─── RECORDS FOR THIS TASK ───

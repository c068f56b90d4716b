-- ===== src/Store/Map.antt =====
-- `BTreeMap<Vec<u8>, Vec<u8>>`: an association list in the byte order of the keys, with what the
-- store uses of it. `scan_prefix` is of crates/relos-store/src/memory.rs.
pub mod Order
pub mod Laws
pub mod Scan
use relos.Prelude.{ℕ, ◌≡◌, Bool, true, false, Option, none, some, List, [], ◌∷◌, if◌then◌else◌}
use relos.Prelude.Bytes.{Bytes, bytes_eq, bytes_lt, starts_with}

abbrev pub StoreData : Type 0
StoreData = List (Bytes × Bytes)

unfoldable pub get : Bytes → StoreData → Option Bytes
get k [] = none
get k ((j, v) ∷ m) = if bytes_eq j k then some v else get k m

unfoldable pub insert : Bytes → Bytes → StoreData → StoreData
insert k v [] = (k, v) ∷ []
insert k v ((j, w) ∷ m) =
    let rest = (j, w) ∷ insert k v m in
    if bytes_eq j k then (j, v) ∷ m else if bytes_lt k j then (k, v) ∷ (j, w) ∷ m else rest

unfoldable pub remove : Bytes → StoreData → StoreData
remove k [] = []
remove k ((j, w) ∷ m) = let rest = (j, w) ∷ remove k m in if bytes_eq j k then m else rest

-- `map.range(prefix..)`
unfoldable pub range_from : Bytes → StoreData → StoreData
range_from k [] = []
range_from k ((j, w) ∷ m) = let rest = range_from k m in if bytes_lt j k then rest else (j, w) ∷ m

-- `.take_while(|(k, _)| k.starts_with(prefix))`
unfoldable pub take_prefixed : Bytes → StoreData → StoreData
take_prefixed p [] = []
take_prefixed p ((j, w) ∷ m) =
    let rest = (j, w) ∷ take_prefixed p m in if starts_with j p then rest else []

unfoldable pub scan_prefix : StoreData → Bytes → StoreData
unfolding range_from take_prefixed
scan_prefix map prefix = take_prefixed prefix (range_from prefix map)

───

*EXERCISE PROMPT*: Search each line of the data above for "unfoldable", and copy the lines where it occurs.

*TASK SOLUTION*:
unfoldable pub get : Bytes → StoreData → Option Bytes
unfoldable pub insert : Bytes → Bytes → StoreData → StoreData
unfoldable pub remove : Bytes → StoreData → StoreData
unfoldable pub range_from : Bytes → StoreData → StoreData
unfoldable pub take_prefixed : Bytes → StoreData → StoreData
unfoldable pub scan_prefix : StoreData → Bytes → StoreData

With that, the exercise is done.